Now in fresh sessions,

julia> @time (using OptimizeMe; OptimizeMe.main())
3.14 is great
2.718 is jealous
⋮
Object x: 7
  3.159908 seconds (10.63 M allocations: 582.091 MiB, 5.19% gc time, 99.67% compilation time)

versus

julia> @time (using OptimizeMeFixed; OptimizeMeFixed.main())
3.14 is great
2.718 is jealous
⋮
 Object x: 7
  1.840034 seconds (5.38 M allocations: 289.402 MiB, 5.03% gc time, 96.70% compilation time)

We've cut down on the latency by nearly a factor of two. Moreover, if Julia someday caches generated code, we're well-prepared to capitalize on the benefits, because the same improvements in "code ownership" are almost certain to pay dividends there too.

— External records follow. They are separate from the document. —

-- ===== src/Tests/Library.antt =====
-- Packages of small functions for the runs of grinboxlib: a key is a Boolean, a signature is the
-- key, and sealing keeps the text.
use grinbox.Prelude.{
  ℕ, zero, suc, ◌-◌, ◌≡◌, ◌≢◌, ◌<◌, ◌⊎◌, inl, inr, refl, sym, ap, subst, ◌∙◌, Bool, true, false,
  ◌&&◌, Option, none, some, List, [], ◌∷◌, ◌++◌, arith, ◌==◌, ltb, length, length-append, take,
  drop, take-append, drop-append, get_or, replicate, all, All, if◌then◌else◌,
}
use grinbox.Prelude.Text.{Text, Lacks, splitn2, splitn2_found, splitn2-Lacks}
use grinbox.Types.Errors.{Outcome}
use grinbox.Types.Address.{Captures, scheme}
use grinbox.Types.Address.Grammar.{is_domain_char, suffix, IsSuffix, IsMatcher}
use grinbox.Types.Message.{Ring, IsRing}
use grinbox.Utils.Base58.{digits_map}
use grinbox.Utils.Base58.Leading.{digits_map-letter}
use grinbox.Utils.Base58.Length.{IsLetter, IsKeyText}
use grinbox.Utils.Hex.RoundTrip.{IsByte}
use grinbox.Utils.Crypto.{Secp, IsSecp}

abbrev same : Bool → Bool → Bool
same true b = b
same false true = false
same false false = true

abbrev key_of : List ℕ → Option Bool
key_of [] = none
key_of (b ∷ _) = if b == 2 then some true else if b == 3 then some false else none

abbrev pub secp : Secp
secp = record {
  PublicKey = Bool;
  SecretKey = Bool;
  Signature = Bool;
  Commitment = List ℕ;
  Message = List ℕ;
  key_from_slice = key_of;
  serialize_key = λ k. (if k then 2 else 3) ∷ replicate 32 7;
  key_from_secret = λ x. some x;
  mul_assign = λ k x. some (k && x);
  signature_from_der = key_of;
  serialize_der = λ s. (if s then 2 else 3) ∷ [];
  secret_from_slice = key_of;
  secret_bytes = λ x. (if x then 2 else 3) ∷ replicate 31 7;
  commitment_from_vec = λ bytes. bytes;
  commitment_bytes = λ c. c;
  message_from_slice = λ b. Outcome.ok b;
  sign = λ m x. some x;
  verify = λ m s k. same s k;
  sha256 = λ m. replicate 32 5;
}

key_of_byte : (k : Bool) (rest : List ℕ) → key_of ((if k then 2 else 3) ∷ rest) ≡ some k
key_of_byte true rest = refl
key_of_byte false rest = refl

serialized-IsByte : (k : Bool) → All IsByte ((if k then 2 else 3) ∷ replicate 32 7)
serialized-IsByte true = ground arith
serialized-IsByte false = ground arith

short-IsByte : (k : Bool) → All IsByte ((if k then 2 else 3) ∷ [])
short-IsByte true = ground arith
short-IsByte false = ground arith

same_refl : (x k s : Bool) → some x ≡ some k → some x ≡ some s → same s k ≡ true
same_refl true true true e f = refl
same_refl false false false e f = refl
same_refl x k s e f = ground (arith, e, f)

product : (x y k l : Bool) → some x ≡ some k → some y ≡ some l → some (k && y) ≡ some (l && x)
product true true k l e f = ground (arith, e, f)
product true false k l e f = ground (arith, e, f)
product false true k l e f = ground (arith, e, f)
product false false k l e f = ground (arith, e, f)

pub secp-IsSecp : IsSecp secp
secp-IsSecp = record {
  key_round = λ k. key_of_byte k (replicate 32 7);
  key_length = λ k. refl;
  key_bytes = serialized-IsByte;
  der_round = λ s. key_of_byte s [];
  der_length = λ s. omega arith;
  der_bytes = short-IsByte;
  sha256_length = λ m. refl;
  sha256_bytes = λ m. ground arith;
  message_ok = λ b l. (b, refl);
  verify_sign = λ m x k s. same_refl x k s;
  common_secret = λ x y k l. product x y k l;
}

abbrev below : ℕ → Bool
below b = ltb b 256

abbrev pub ring : Ring
ring = record {
  SealingKey = List ℕ;
  OpeningKey = List ℕ;
  tag_len = 16;
  derive = λ salt secret. replicate 32 9;
  sealing_key = λ k. some k;
  opening_key = λ k. some k;
  seal_in_place = λ k nonce buffer. if all below buffer then some buffer else none;
  open_in_place = λ k nonce c. some (take (length c - 16) c);
}

sealed_lem :
    (buffer c : List ℕ)
    → (if all below buffer then some buffer else none) ≡ some c
    → (buffer ≡ c) × (all below buffer ≡ true)
sealed_lem buffer c h = ground (arith, h)

all-All : (bs : List ℕ) → all below bs ≡ true → All IsByte bs
all-All [] h = tt
all-All (b ∷ bs) h = ground (arith, h, all-All bs)

take_off : (m : List ℕ) → take (length (m ++ replicate 16 0) - 16) (m ++ replicate 16 0) ≡ m
take_off m =
    let l : length (m ++ replicate 16 0) - 16 ≡ length m =
      omega (arith, length-append m (replicate 16 0)) in
    rw l (take-append m (replicate 16 0))

pub ring-IsRing : IsRing ring
ring-IsRing = record {
  tag = omega arith;
  derive_length = λ salt secret. refl;
  opening_key_some = λ key l. (key, refl);
  sealed_length = λ k nonce buffer c h. ap length (sym (sealed_lem buffer c h).0);
  sealed_bytes = λ k nonce buffer c h.
      subst (All IsByte) (sealed_lem buffer c h).0 (all-All buffer (sealed_lem buffer c h).1);
  open_seal = λ key nonce m c k l e f h. ap some (
      ap (λ b. take (length b - 16) b) (sym (sealed_lem (m ++ replicate 16 0) c h).0) ∙ take_off m);
}

-- The regular expression, without a test of what the parts consist of.
abbrev split_groups : Text → Text → Captures
split_groups key [] = record { public_key = key; domain = none; port = none }
split_groups key (_ ∷ d) =
    let (domain, port) = splitn2 b':' d in
    record { public_key = key; domain = some domain; port = port }

abbrev without_scheme : Text → Text
without_scheme s = if get_or s 7 0 == b':' then drop 10 s else s

abbrev pub captures : Text → Option Captures
captures s = some (split_groups (take 52 (without_scheme s)) (drop 52 (without_scheme s)))

IsLetter-at :
    (n : ℕ) (xs ys : List ℕ) → n < length xs → All IsLetter xs → IsLetter (get_or (xs ++ ys) n 0)
IsLetter-at n [] ys l h = absurd (omega (arith, l))
IsLetter-at zero (x ∷ xs) ys l h = h.0
IsLetter-at (suc n) (x ∷ xs) ys l h = IsLetter-at n xs ys (omega (arith, l)) h.1

letter-ne-colon : (c : ℕ) → IsLetter c → c ≢ b':'
unfolding digits_map
letter-ne-colon c (d, small, eq) e = absurd (
    omega
      (arith, small, (digits_map-letter d small).0, ap (λ x. get_or digits_map x 0) (eq ∙ e), gap))
  where
    gap : get_or digits_map b':' 0 ≡ 255
    gap = refl

domain-Lacks : (d : Text) → All (λ c. is_domain_char c ≡ true) d → Lacks b':' d
domain-Lacks [] h = tt
domain-Lacks (c ∷ d) h = (ground (arith, h.0), domain-Lacks d h.1)

split_groups-suffix :
    (key : Text) (domain port : Option Text)
    → IsSuffix domain port
    → split_groups key (suffix domain port)
      ≡ record { public_key = key; domain = domain; port = port }
split_groups-suffix key none none h = refl
split_groups-suffix key none (some p) h = absurd h
split_groups-suffix key (some d) none h = rw (splitn2-Lacks b':' d (domain-Lacks d h.1))
split_groups-suffix key (some d) (some p) h = rw (splitn2_found b':' d p (domain-Lacks d h.0.1))

split_key :
    (key rest : Text)
    → length key ≡ 52
    → (take 52 (key ++ rest) ≡ key) × (drop 52 (key ++ rest) ≡ rest)
split_key key rest l = rw (sym l) (take-append key rest, drop-append key rest)

without_scheme_lem :
    (s : Text) (key rest : Text)
    → IsKeyText key
    → ((s ≡ key ++ rest) ⊎ (s ≡ scheme ++ (key ++ rest)))
    → without_scheme s ≡ key ++ rest
without_scheme_lem s key rest k (inl plain) = rw plain (
    ground (
      arith,
      letter-ne-colon (get_or (key ++ rest) 7 0) (IsLetter-at 7 key rest (omega (arith, k.0)) k.1),
    ))
without_scheme_lem s key rest k (inr full) = rw full refl

pub captures-IsMatcher : IsMatcher captures
captures-IsMatcher = record {
  captures_some = λ s c m.
      let rest : Text = suffix c.domain c.port in
      let e : without_scheme s ≡ c.public_key ++ rest =
        without_scheme_lem s c.public_key rest m.0 m.2 in
      let p = split_key c.public_key rest m.0.0 in
      ap some (
        ap (λ r. split_groups (take 52 r) (drop 52 r)) e
        ∙ ap (λ k. split_groups k (drop 52 (c.public_key ++ rest))) p.0
        ∙ ap (split_groups c.public_key) p.1
        ∙ split_groups-suffix c.public_key c.domain c.port m.1);
}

If you inspect the results, you may sometimes suffer a few disappointments: some methods that we expected to precompile don't "take." At the moment there appears to be a small subset of methods that fail to precompile, and the reasons are not yet widely understood. At present, the best advice seems to be to comment-out any precompile directives that don't "take," since otherwise they increase the build time for the package without material benefit. These failures may be addressed in future versions of Julia. It's also worth appreciating how much we have succeeded in reducing latency, with the awareness that we may be able to get even greater benefit in the future.

Summary

@snoopi_deep collects enough data to learn which methods are triggering inference, how heavily methods are being specialized, and so on. Examining your code from the standpoint of inference and specialization may be unfamiliar at first, but like other aspects of package development (testing, documentation, and release compatibility management) it can lead to significant improvements in the quality-of-life for you and your users. By optimizing your packages and then adding precompile directives, you can often cut down substantially on latency.